== What is being asked ==
Print the data below exactly as it appears.

Dataset excerpts:

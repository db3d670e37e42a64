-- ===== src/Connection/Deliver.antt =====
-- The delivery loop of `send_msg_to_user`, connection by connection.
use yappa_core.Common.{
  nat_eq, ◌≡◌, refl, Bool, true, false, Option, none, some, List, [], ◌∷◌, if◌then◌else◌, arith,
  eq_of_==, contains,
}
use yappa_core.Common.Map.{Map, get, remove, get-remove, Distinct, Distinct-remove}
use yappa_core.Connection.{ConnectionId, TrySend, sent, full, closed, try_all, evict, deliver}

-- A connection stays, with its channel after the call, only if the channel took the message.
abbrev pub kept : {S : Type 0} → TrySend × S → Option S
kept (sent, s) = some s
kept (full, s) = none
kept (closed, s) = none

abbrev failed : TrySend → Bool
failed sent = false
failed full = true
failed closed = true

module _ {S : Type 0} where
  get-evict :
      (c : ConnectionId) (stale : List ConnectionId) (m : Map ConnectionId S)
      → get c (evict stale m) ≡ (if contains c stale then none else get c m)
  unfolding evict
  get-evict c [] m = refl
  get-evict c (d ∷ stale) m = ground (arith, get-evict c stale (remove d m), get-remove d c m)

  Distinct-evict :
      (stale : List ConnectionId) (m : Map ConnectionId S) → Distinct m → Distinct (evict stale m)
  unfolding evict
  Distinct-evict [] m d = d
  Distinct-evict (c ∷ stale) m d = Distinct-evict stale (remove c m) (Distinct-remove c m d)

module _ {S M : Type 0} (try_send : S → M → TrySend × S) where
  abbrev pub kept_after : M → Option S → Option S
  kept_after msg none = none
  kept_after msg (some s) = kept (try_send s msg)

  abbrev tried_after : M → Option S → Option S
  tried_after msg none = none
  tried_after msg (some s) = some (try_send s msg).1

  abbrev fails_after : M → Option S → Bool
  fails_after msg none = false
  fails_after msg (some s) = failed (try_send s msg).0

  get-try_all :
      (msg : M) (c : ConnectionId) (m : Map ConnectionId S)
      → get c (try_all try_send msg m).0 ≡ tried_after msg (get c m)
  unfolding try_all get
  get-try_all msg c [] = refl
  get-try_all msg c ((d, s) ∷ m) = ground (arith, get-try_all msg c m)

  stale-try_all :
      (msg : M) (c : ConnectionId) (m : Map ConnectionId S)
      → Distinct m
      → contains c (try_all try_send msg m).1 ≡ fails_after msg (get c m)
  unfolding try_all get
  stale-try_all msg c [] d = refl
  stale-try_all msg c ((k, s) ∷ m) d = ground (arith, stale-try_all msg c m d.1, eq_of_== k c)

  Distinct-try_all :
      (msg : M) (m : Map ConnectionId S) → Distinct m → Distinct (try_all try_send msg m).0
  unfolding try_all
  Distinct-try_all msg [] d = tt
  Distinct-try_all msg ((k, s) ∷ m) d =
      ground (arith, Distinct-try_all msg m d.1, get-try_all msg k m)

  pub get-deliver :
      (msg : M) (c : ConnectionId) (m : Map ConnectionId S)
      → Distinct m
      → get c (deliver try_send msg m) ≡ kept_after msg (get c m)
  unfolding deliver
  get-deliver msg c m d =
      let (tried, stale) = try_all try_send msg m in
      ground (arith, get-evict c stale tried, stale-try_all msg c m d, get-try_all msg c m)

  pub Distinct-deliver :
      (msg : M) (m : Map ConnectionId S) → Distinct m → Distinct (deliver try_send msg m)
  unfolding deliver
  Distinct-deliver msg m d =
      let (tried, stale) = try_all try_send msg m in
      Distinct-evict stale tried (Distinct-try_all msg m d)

== Task solution ==
repository db3d670e37e42a64
-- ===== src/Connection/Deliver.antt =====
-- The delivery loop of `send_msg_to_user`, connection by connection.
use yappa_core.Common.{
  nat_eq, ◌≡◌, refl, Bool, true, false, Option, none, some, List, [], ◌∷◌, if◌then◌else◌, arith,
  eq_of_==, contains,
}
use yappa_core.Common.Map.{Map, get, remove, get-remove, Distinct, Distinct-remove}
use yappa_core.Connection.{ConnectionId, TrySend, sent, full, closed, try_all, evict, deliver}

-- A connection stays, with its channel after the call, only if the channel took the message.
abbrev pub kept : {S : Type 0} → TrySend × S → Option S
kept (sent, s) = some s
kept (full, s) = none
kept (closed, s) = none

abbrev failed : TrySend → Bool
failed sent = false
failed full = true
failed closed = true

module _ {S : Type 0} where
  get-evict :
      (c : ConnectionId) (stale : List ConnectionId) (m : Map ConnectionId S)
      → get c (evict stale m) ≡ (if contains c stale then none else get c m)
  unfolding evict
  get-evict c [] m = refl
  get-evict c (d ∷ stale) m = ground (arith, get-evict c stale (remove d m), get-remove d c m)

  Distinct-evict :
      (stale : List ConnectionId) (m : Map ConnectionId S) → Distinct m → Distinct (evict stale m)
  unfolding evict
  Distinct-evict [] m d = d
  Distinct-evict (c ∷ stale) m d = Distinct-evict stale (remove c m) (Distinct-remove c m d)

module _ {S M : Type 0} (try_send : S → M → TrySend × S) where
  abbrev pub kept_after : M → Option S → Option S
  kept_after msg none = none
  kept_after msg (some s) = kept (try_send s msg)

  abbrev tried_after : M → Option S → Option S
  tried_after msg none = none
  tried_after msg (some s) = some (try_send s msg).1

  abbrev fails_after : M → Option S → Bool
  fails_after msg none = false
  fails_after msg (some s) = failed (try_send s msg).0

  get-try_all :
      (msg : M) (c : ConnectionId) (m : Map ConnectionId S)
      → get c (try_all try_send msg m).0 ≡ tried_after msg (get c m)
  unfolding try_all get
  get-try_all msg c [] = refl
  get-try_all msg c ((d, s) ∷ m) = ground (arith, get-try_all msg c m)

  stale-try_all :
      (msg : M) (c : ConnectionId) (m : Map ConnectionId S)
      → Distinct m
      → contains c (try_all try_send msg m).1 ≡ fails_after msg (get c m)
  unfolding try_all get
  stale-try_all msg c [] d = refl
  stale-try_all msg c ((k, s) ∷ m) d = ground (arith, stale-try_all msg c m d.1, eq_of_== k c)

  Distinct-try_all :
      (msg : M) (m : Map ConnectionId S) → Distinct m → Distinct (try_all try_send msg m).0
  unfolding try_all
  Distinct-try_all msg [] d = tt
  Distinct-try_all msg ((k, s) ∷ m) d =
      ground (arith, Distinct-try_all msg m d.1, get-try_all msg k m)

  pub get-deliver :
      (msg : M) (c : ConnectionId) (m : Map ConnectionId S)
      → Distinct m
      → get c (deliver try_send msg m) ≡ kept_after msg (get c m)
  unfolding deliver
  get-deliver msg c m d =
      let (tried, stale) = try_all try_send msg m in
      ground (arith, get-evict c stale tried, stale-try_all msg c m d, get-try_all msg c m)

  pub Distinct-deliver :
      (msg : M) (m : Map ConnectionId S) → Distinct m → Distinct (deliver try_send msg m)
  unfolding deliver
  Distinct-deliver msg m d =
      let (tried, stale) = try_all try_send msg m in
      Distinct-evict stale tried (Distinct-try_all msg m d)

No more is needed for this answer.